● Assignment: After locating the line with "none ↦ (record", retype it and every later line exactly, stopping at the end of the records.

● Given records:
-- ===== src/App/Writer.antt =====
-- app/fence_aware_result_writer.h and .cpp: the path and the result of a frame meet here, in either
-- order, and its encoded picture is written once its release fence is signalled. The preview's tracker,
-- the still captures' and the store of frames are shared with the program; files are a parameter.
use Prim.Native.String.{len}
use text.Mathlib.Text.{◌==◌ as str_eq}
use minicam_hal.Common.{
  ℕ, ℤ, Bool, true, false, ◌&&◌, ◌||◌, Option, none, some, List, [], ◌∷◌, String, if◌then◌else◌,
  ◌==◌, ◌==ℤ◌, minus_one, Map, find, erase,
}
use minicam_hal.Interface.{CaptureResult, CompletedOutputBuffer, CaptureStatus, ok}
use minicam_hal.App.Buffers.{BufferTracker, resolve_metadata, take_metadata}
use minicam_hal.App.Encoder.{EncodedFrameStore, FenceCalls, take_frame, close_fd, wait_for_fence}

pub record PendingWrite : Type 0 where
  pub output_path : String
  pub result : Option CaptureResult

pub record WriteResult : Type 0 where
  pub result : CaptureResult
  pub wrote_image : Bool

-- `write_file` opens a file and writes its bytes; it may fail at either.
pub record FenceAwareResultWriter (L K F : Type 0) : Type 0 where
  pub pending_writes : Map PendingWrite
  pub preview_buffers : BufferTracker L
  pub capture_buffers : BufferTracker L
  pub has_encoded_frames : Bool
  pub encoded_frames : EncodedFrameStore
  pub kernel : K
  pub files : F

abbrev pub no_write : PendingWrite
no_write = record { output_path = ""; result = none }

-- `pending_writes_[frame_number]`, which makes an empty entry where there is none.
unfoldable pub pending_at : ℕ → Map PendingWrite → PendingWrite
unfolding find
pending_at n m = elim (find n m) [ none ↦ no_write | some p ↦ p ]

unfoldable pub write_pending : ℕ → PendingWrite → Map PendingWrite → Map PendingWrite
unfolding erase
write_pending n p m = (n, p) ∷ erase n m

abbrev pub is_ok : CaptureStatus → Bool
is_ok ok = true
is_ok _ = false

module _ {L K F : Type 0} where
  unfoldable pub register_path :
      ℕ → String → FenceAwareResultWriter L K F → FenceAwareResultWriter L K F
  unfolding pending_at write_pending
  register_path n path w = record w {
    pending_writes =
        write_pending n (record (pending_at n w.pending_writes) { output_path = path })
          w.pending_writes;
  }

  unfoldable pub register_result :
      CaptureResult → FenceAwareResultWriter L K F → FenceAwareResultWriter L K F
  unfolding pending_at write_pending
  register_result result w =
      let n = result.frame_number in
      record w {
        pending_writes =
            write_pending n (record (pending_at n w.pending_writes) { result = some result })
              w.pending_writes;
      }

  unfoldable pub cancel : ℕ → FenceAwareResultWriter L K F → FenceAwareResultWriter L K F
  cancel n w = record w { pending_writes = erase n w.pending_writes }

  -- Is the buffer that the result names tracked? And the trackers after it: a still capture's leaves its tracker.
  unfoldable pub tracked_for :
      CaptureResult
      → CompletedOutputBuffer
      → FenceAwareResultWriter L K F
      → Bool × FenceAwareResultWriter L K F
  unfolding resolve_metadata take_metadata
  tracked_for result completed w =
      let is_preview = str_eq result.message "preview" in
      let (taken, captures) = take_metadata completed.buffer_id w.capture_buffers in
      let previewed : Bool = elim (resolve_metadata completed.buffer_id w.preview_buffers) [
        | none ↦ false
        | some m ↦ true
      ] in
      let captured : Bool = elim taken [ none ↦ false | some b ↦ true ] in
      let no_buffer = completed.buffer_id ==ℤ minus_one in
      (
        if is_preview then previewed || no_buffer else captured || no_buffer,
        record w { capture_buffers = if is_preview then w.capture_buffers else captures },
      )

-- What a frame waits for: none if it is not there yet, so that a wait ends by its timeout.
unfoldable pub ready_write : ℕ → Map PendingWrite → Option (String × CaptureResult)
ready_write n m = elim (find n m) [
  | none ↦ none
  | some p ↦ elim p.result [
    | none ↦ none
    | some result ↦ if len p.output_path == 0 then none else some (p.output_path, result)
  ]
]

unfoldable pub first_completed_buffer : CaptureResult → Option CompletedOutputBuffer
first_completed_buffer result = elim result.completed_output_buffers [ [] ↦ none | b ∷ bs ↦ some b ]

module _ {L K F : Type 0} (fences : FenceCalls K)
    (write_file : String → List ℕ → F → Bool × F) where
  unfoldable pub write_encoded_frame :
      String → ℕ → ℤ → FenceAwareResultWriter L K F → Bool × FenceAwareResultWriter L K F
  unfolding take_frame
  write_encoded_frame path n buffer_id w =
      let (encoded, frames) =
        take_frame (record { frame_number = n; buffer_id = buffer_id }) w.encoded_frames in
      if w.has_encoded_frames
      then (elim encoded [
        | none ↦ (false, record w { encoded_frames = frames })
        | some bytes ↦
            let (done, files) = write_file path bytes w.files in
            (done, record w { encoded_frames = frames; files = files })
      ])
      else (false, w)

  -- The frame's entry has been taken out; its picture is that of the first buffer of its result.
  unfoldable pub write_buffer :
      CompletedOutputBuffer
      → String
      → CaptureResult
      → FenceAwareResultWriter L K F
      → WriteResult × FenceAwareResultWriter L K F
  unfolding tracked_for write_encoded_frame
  write_buffer completed path result w =
      let (fence_ready, k) = wait_for_fence fences completed.release_fence_fd w.kernel in
      let waited : FenceAwareResultWriter L K F = record w {
        kernel = close_fd fences completed.release_fence_fd k;
      } in
      let (tracked, w') = tracked_for result completed waited in
      let (wrote, w'') = write_encoded_frame path result.frame_number completed.buffer_id w' in
      if is_ok result.status && fence_ready && tracked
      then (record { result = result; wrote_image = wrote }, w'')
      else (record { result = result; wrote_image = false }, w')

  unfoldable pub write_completed :
      String
      → CaptureResult
      → FenceAwareResultWriter L K F
      → WriteResult × FenceAwareResultWriter L K F
  unfolding write_buffer
  write_completed path result w = elim (first_completed_buffer result) [
    | none ↦ (record { result = result; wrote_image = false }, w)
    | some completed ↦ write_buffer completed path result w
  ]

  -- The wait as it ends: with the frame's entry, or by the timeout.
  unfoldable pub block_wait_and_write :
      ℕ → FenceAwareResultWriter L K F → Option WriteResult × FenceAwareResultWriter L K F
  unfolding write_completed ready_write
  block_wait_and_write n w = elim (ready_write n w.pending_writes) [
    | none ↦ (none, w)
    | some (path, result) ↦
        let (written, w') =
          write_completed path result (record w { pending_writes = erase n w.pending_writes }) in
        (some written, w')
  ]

● Task response:
    | none ↦ (record { result = result; wrote_image = false }, w)
    | some completed ↦ write_buffer completed path result w
  ]

  -- The wait as it ends: with the frame's entry, or by the timeout.
  unfoldable pub block_wait_and_write :
      ℕ → FenceAwareResultWriter L K F → Option WriteResult × FenceAwareResultWriter L K F
  unfolding write_completed ready_write
  block_wait_and_write n w = elim (ready_write n w.pending_writes) [
    | none ↦ (none, w)
    | some (path, result) ↦
        let (written, w') =
          write_completed path result (record w { pending_writes = erase n w.pending_writes }) in
        (some written, w')
  ]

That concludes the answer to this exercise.